Exercise: Send back exactly the lines from the opening line of the records below through the one with "find_urid-keep n m (u".
◇ ◇ ◇ ◇ ◇
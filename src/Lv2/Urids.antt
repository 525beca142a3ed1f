-- ===== src/Lv2/Urids.antt =====
-- The numbers that stand for URIs (src/lv2_host_core.cpp, map_urid and the plugin's unmap).
use ee_eq_cli.Common.{
  ℕ, ◌+◌, ◌%◌, ◌^◌, ◌<◌, ◌==◌, true, false, not, String, List, [], ◌∷◌, Option, none, some, ◌≡◌,
  refl, sym, ap, subst, ◌∙◌, ◌=s◌, =s_iff, keep, on_option_cases, if◌then◌else◌, if_cases,
  Bool-cases, inl, inr, arith,
}
use ee_eq_cli.Lv2.{Lv2HostCore, Urid, Mapped, find_uri, find_urid, map_urid, uri_of, unmap_urid}

find_urid-keep :
    (n m : ℕ) (urids : List Urid)
    → (n == m) ≡ false
    → find_urid m (keep (λ u. not (u.urid == n)) urids) ≡ find_urid m urids
find_urid-keep n m [] e = refl
find_urid-keep n m (u ∷ urids) e =
    if_cases {A = List Urid} (λ l. find_urid m l ≡ find_urid m (u ∷ urids)) (not (u.urid == n))
      (λ _. ap (λ o. if u.urid == m then some u else o) (find_urid-keep n m urids e))
      (λ q.
        let d : (u.urid == m) ≡ false = ground (arith, q, e) in rw d (find_urid-keep n m urids e))

module _ {Fl : Type 0} where
  -- Every number that a URI has leads back to it, and numbers that are given are below the next.
  pub record Consistent (h : Lv2HostCore Fl) : Type 0 where
    pub back :
        (uri : String) (u : Urid)
        → find_uri uri h.uri_to_urid ≡ some u
        → unmap_urid u.urid h ≡ some uri
    pub below : (urid : ℕ) (uri : String) → unmap_urid urid h ≡ some uri → urid < h.next_urid

  abbrev pub with_urid : String → Lv2HostCore Fl → Lv2HostCore Fl
  with_urid uri h = record h {
    next_urid = (h.next_urid + 1) % 2 ^ 32;
    uri_to_urid = record { uri = uri; urid = h.next_urid } ∷ h.uri_to_urid;
    urid_to_uri =
        record { uri = uri; urid = h.next_urid }
        ∷ keep (λ u. not (u.urid == h.next_urid)) h.urid_to_uri;
  }

  -- A number that is given keeps its URI, and the new one gets the new URI.
  unmap-with_urid :
      (uri : String) (h : Lv2HostCore Fl) → unmap_urid h.next_urid (with_urid uri h) ≡ some uri
  unfolding unmap_urid
  unmap-with_urid uri h =
      let same : (h.next_urid == h.next_urid) ≡ true = ground arith in rw same refl

  unmap-with_urid_ne :
      (uri : String) (h : Lv2HostCore Fl) (urid : ℕ)
      → (h.next_urid == urid) ≡ false
      → unmap_urid urid (with_urid uri h) ≡ unmap_urid urid h
  unfolding unmap_urid
  unmap-with_urid_ne uri h urid other =
      rw other (ap uri_of (find_urid-keep h.next_urid urid h.urid_to_uri other))

  -- What `map_urid` does for a URI: the number leads to the URI, and numbers that were given stay.
  pub record Maps (uri : String) (h : Lv2HostCore Fl) (r : Mapped Fl) : Type 0 where
    pub leads_back : unmap_urid r.urid r.host ≡ some uri
    pub kept : (n : ℕ) (u : String) → unmap_urid n h ≡ some u → unmap_urid n r.host ≡ some u
    pub consistent : Consistent r.host

  with_urid-back :
      (uri wanted : String) (h : Lv2HostCore Fl) (u : Urid)
      → Consistent h
      → find_uri wanted (with_urid uri h).uri_to_urid ≡ some u
      → unmap_urid u.urid (with_urid uri h) ≡ some wanted
  with_urid-back uri wanted h u c =
      if_cases {A = Option Urid}
        (λ o. o ≡ some u → unmap_urid u.urid (with_urid uri h) ≡ some wanted) (uri =s wanted)
        (λ e q.
          let p : h.next_urid ≡ u.urid = ap_urid q in
          subst (λ n. unmap_urid n (with_urid uri h) ≡ some wanted) p
            (unmap-with_urid uri h ∙ ap some ((=s_iff uri wanted).0 e)))
        (λ e q.
          let b = c.back wanted u q in
          unmap-with_urid_ne uri h u.urid (let l = c.below u.urid wanted b in ground (arith, l))
          ∙ b)
    where
      ap_urid : {v w : Urid} → ◌≡◌ {A = Option Urid} (some v) (some w) → v.urid ≡ w.urid
      ap_urid q = cc

  with_urid-Consistent :
      (uri : String) (h : Lv2HostCore Fl)
      → h.next_urid + 1 < 2 ^ 32
      → Consistent h
      → Consistent (with_urid uri h)
  with_urid-Consistent uri h room c = record {
    back = λ wanted u q. with_urid-back uri wanted h u c q;
    below = λ n wanted q. elim (Bool-cases (h.next_urid == n)) [
      | inl e ↦ ground (arith, e, room)
      | inr e ↦
          let l = c.below n wanted (sym (unmap-with_urid_ne uri h n e) ∙ q) in
          omega (arith, l, room)
    ];
  }

  -- With a number left, `map_urid` gives a URI a number that leads back to it, the one it has if it
  -- has one, and takes no other URI's number: the plugin's unmap still gives every URI that it
  -- gave before.
  pub map_urid-Maps :
      (uri : String) (h : Lv2HostCore Fl)
      → h.next_urid + 1 < 4294967296
      → Consistent h
      → Maps uri h (map_urid uri h)
  unfolding map_urid
  map_urid-Maps uri h room c =
      on_option_cases {X = Mapped Fl} (Maps uri h) (find_uri uri h.uri_to_urid)
        (λ _. record {
          leads_back = unmap-with_urid uri h;
          kept =
              λ n u q. unmap-with_urid_ne uri h n (let l = c.below n u q in ground (arith, l)) ∙ q;
          consistent = with_urid-Consistent uri h room c;
        })
        (λ u e. record { leads_back = c.back uri u e; kept = λ n v q. q; consistent = c })

  -- The constructor leaves nothing mapped.
  pub nothing_mapped-Consistent :
      (h : Lv2HostCore Fl) → h.uri_to_urid ≡ [] → h.urid_to_uri ≡ [] → Consistent h
  unfolding unmap_urid
  nothing_mapped-Consistent h a b = record {
    back = λ uri u q. let p : find_uri uri h.uri_to_urid ≡ none = ap (find_uri uri) a in cc;
    below = λ n uri q.
        let p : uri_of (find_urid n h.urid_to_uri) ≡ none = ap (λ l. uri_of (find_urid n l)) b in
        cc;
  }
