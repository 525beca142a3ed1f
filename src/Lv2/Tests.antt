-- ===== src/Lv2/Tests.antt =====
-- Tests of the LV2 host, with a limiter of four audio inputs and two control ports.
use ee_eq_cli.Common.{◌*◌, true, false, List, [], ◌∷◌, some, ◌≡◌, refl, arith}
use ee_eq_cli.Floats.Decimal.{Decimal, plus, minus, nan, decimals}
use ee_eq_cli.Lv2.{
  LilvPort, found, not_found, Lv2HostCore, map_urid, create_instance, connect_audio_ports,
  destroy_instance,
}
use ee_eq_cli.Lv2.Ports.{Infinities, new_host, set_control_port_value, get_control_port_value}
use ee_eq_cli.Lv2.Reaching.{made, creates, connects}
use ee_eq_cli.Lv2.Values.{TakesValue, set_control_port_value-TakesValue}
use ee_eq_cli.Preset.{EqPreset, no_equalizer, no_limiter, no_band, no_bands}
use ee_eq_cli.Preset.Labels.{label_index}
use ee_eq_cli.Lv2.Mappers.{Levels, apply_eq_preset_to_host, apply_limiter_preset_to_host}
use ee_eq_cli.Lv2.Limiter.{LimiterShows, apply_limiter-LimiterShows}
use ee_eq_cli.Lv2.Equalizer.{EqShows, apply_eq-EqShows}
use ee_eq_cli.Lv2.Urids.{Maps, map_urid-Maps, nothing_mapped-Consistent}

abbrev limits : Infinities Decimal
limits = record { lowest = minus 1000000000; highest = plus 1000000000 }

abbrev threshold_port : LilvPort Decimal
threshold_port = record {
  name = "Threshold";
  symbol = "th";
  value = plus 1000;
  minimum = plus 0;
  maximum = nan;
  is_input = true;
  optional = false;
  is_control = true;
  is_atom = false;
  is_audio = false;
}

abbrev meter_port : LilvPort Decimal
meter_port = record threshold_port { name = "Meter"; symbol = "mt"; value = nan; is_input = false }

abbrev audio_in : LilvPort Decimal
audio_in = record threshold_port { symbol = "in"; is_control = false; is_audio = true }

abbrev audio_out : LilvPort Decimal
audio_out = record audio_in { symbol = "out"; is_input = false }

abbrev limiter_ports : List (LilvPort Decimal)
limiter_ports =
    audio_in ∷ audio_in ∷ audio_out ∷ audio_out ∷ threshold_port ∷ audio_in ∷ audio_in ∷ meter_port
    ∷ []

abbrev limiter : Lv2HostCore Decimal
limiter = new_host decimals limits "urn:limiter" (found limiter_ports)

abbrev missing : Lv2HostCore Decimal
missing = new_host decimals limits "urn:none" not_found

finds_audio : limiter.audio_ports ≡ record {
  in_left = some 0;
  in_right = some 1;
  probe_left = some 5;
  probe_right = some 6;
  out_left = some 2;
  out_right = some 3;
}
unfolding new_host
finds_audio = refl

-- Values are kept within the bounds of the port, and outputs are not set.
set_threshold :
    get_control_port_value decimals limits "th"
      (set_control_port_value decimals limits "th" (minus 5) limiter)
    ≡ plus 0
unfolding new_host set_control_port_value get_control_port_value
set_threshold = refl

set_meter :
    get_control_port_value decimals limits "mt"
      (set_control_port_value decimals limits "mt" (plus 5) limiter)
    ≡ plus 0
unfolding new_host set_control_port_value get_control_port_value
set_meter = refl

says_missing : missing.init_error ≡ "could not find LV2 plugin: urn:none"
unfolding new_host
says_missing = refl

creates_none : (create_instance true [] 48000 1024 missing).1 ≡ false
unfolding new_host create_instance
creates_none = refl

-- The options take six numbers, and the plugin's own URI the next.
counts_urids : (create_instance true ("urn:event" ∷ []) 48000 1024 limiter).0.next_urid ≡ 8
unfolding new_host create_instance map_urid destroy_instance
counts_urids = refl

map_urid-Maps_example : Maps "urn:event" limiter (map_urid "urn:event" limiter)
unfolding new_host
map_urid-Maps_example =
    map_urid-Maps "urn:event" limiter (omega arith) (nothing_mapped-Consistent limiter refl refl)

-- An instance, connected.
abbrev running : Lv2HostCore Decimal
running = connect_audio_ports (create_instance true [] 48000 1024 limiter).0

set_control_port_value-TakesValue_example :
    TakesValue decimals limits "th"
      (plus 7000)
      running
      (set_control_port_value decimals limits "th" (plus 7000) running)
set_control_port_value-TakesValue_example =
    set_control_port_value-TakesValue decimals limits "th" (plus 7000) running
      (connects (creates true [] 48000 1024 (made "urn:limiter" (found limiter_ports))))

-- An exponential that is right at 0, and thousandths for labels.
abbrev levels : Levels decimals
levels = record {
  of_index = λ n. plus (n * 1000);
  to_float = λ d. d;
  exp = λ d. plus 1000;
  ln10 = plus 2303;
  le_d = λ a b. false;
}

abbrev bell_preset : EqPreset Decimal
bell_preset = record (no_equalizer decimals) {
  mode = "FFT";
  left =
      record (no_band decimals) { type = "Bell"; frequency = plus 440000 } ∷ no_bands decimals 31;
}

abbrev equalizer_ports : List (LilvPort Decimal)
equalizer_ports =
    audio_in
    ∷ audio_out
    ∷ record threshold_port { symbol = "ftl_0" }
    ∷ record threshold_port { symbol = "fl_0"; maximum = plus 400000 }
    ∷ record threshold_port { symbol = "mode" }
    ∷ []

abbrev equalizer : Lv2HostCore Decimal
equalizer = new_host decimals limits "urn:equalizer" (found equalizer_ports)

sets_mode :
    get_control_port_value decimals limits "mode"
      (apply_eq_preset_to_host decimals limits levels bell_preset equalizer)
    ≡ plus 2000
unfolding new_host set_control_port_value get_control_port_value apply_eq_preset_to_host label_index
sets_mode = refl

-- The frequency is held at the port's upper bound.
sets_frequency :
    get_control_port_value decimals limits "fl_0"
      (apply_eq_preset_to_host decimals limits levels bell_preset equalizer)
    ≡ plus 400000
unfolding new_host set_control_port_value get_control_port_value apply_eq_preset_to_host label_index
sets_frequency = refl

apply_eq-EqShows_example :
    EqShows decimals limits levels bell_preset equalizer
      (apply_eq_preset_to_host decimals limits levels bell_preset equalizer)
apply_eq-EqShows_example =
    apply_eq-EqShows decimals limits levels bell_preset equalizer refl refl
      (made "urn:equalizer" (found equalizer_ports))

apply_limiter-LimiterShows_example :
    LimiterShows decimals limits levels
      (no_limiter decimals)
      running
      (apply_limiter_preset_to_host decimals limits levels (no_limiter decimals) running)
apply_limiter-LimiterShows_example =
    apply_limiter-LimiterShows decimals limits levels (no_limiter decimals) running
      (connects (creates true [] 48000 1024 (made "urn:limiter" (found limiter_ports))))

-- The limiter's threshold, at 0 dB.
sets_threshold :
    get_control_port_value decimals limits "th"
      (apply_limiter_preset_to_host decimals limits levels (no_limiter decimals) running)
    ≡ plus 1000
unfolding new_host set_control_port_value get_control_port_value apply_limiter_preset_to_host
    label_index create_instance map_urid destroy_instance connect_audio_ports
sets_threshold = refl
◇ ◇ ◇ ◇ ◇
Your solution:
filename src/Lv2/Urids.antt
repository 525beca142a3ed1f
-- ===== src/Lv2/Urids.antt =====
-- The numbers that stand for URIs (src/lv2_host_core.cpp, map_urid and the plugin's unmap).
use ee_eq_cli.Common.{
  ℕ, ◌+◌, ◌%◌, ◌^◌, ◌<◌, ◌==◌, true, false, not, String, List, [], ◌∷◌, Option, none, some, ◌≡◌,
  refl, sym, ap, subst, ◌∙◌, ◌=s◌, =s_iff, keep, on_option_cases, if◌then◌else◌, if_cases,
  Bool-cases, inl, inr, arith,
}
use ee_eq_cli.Lv2.{Lv2HostCore, Urid, Mapped, find_uri, find_urid, map_urid, uri_of, unmap_urid}

find_urid-keep :
    (n m : ℕ) (urids : List Urid)
    → (n == m) ≡ false
    → find_urid m (keep (λ u. not (u.urid == n)) urids) ≡ find_urid m urids
find_urid-keep n m [] e = refl
find_urid-keep n m (u ∷ urids) e =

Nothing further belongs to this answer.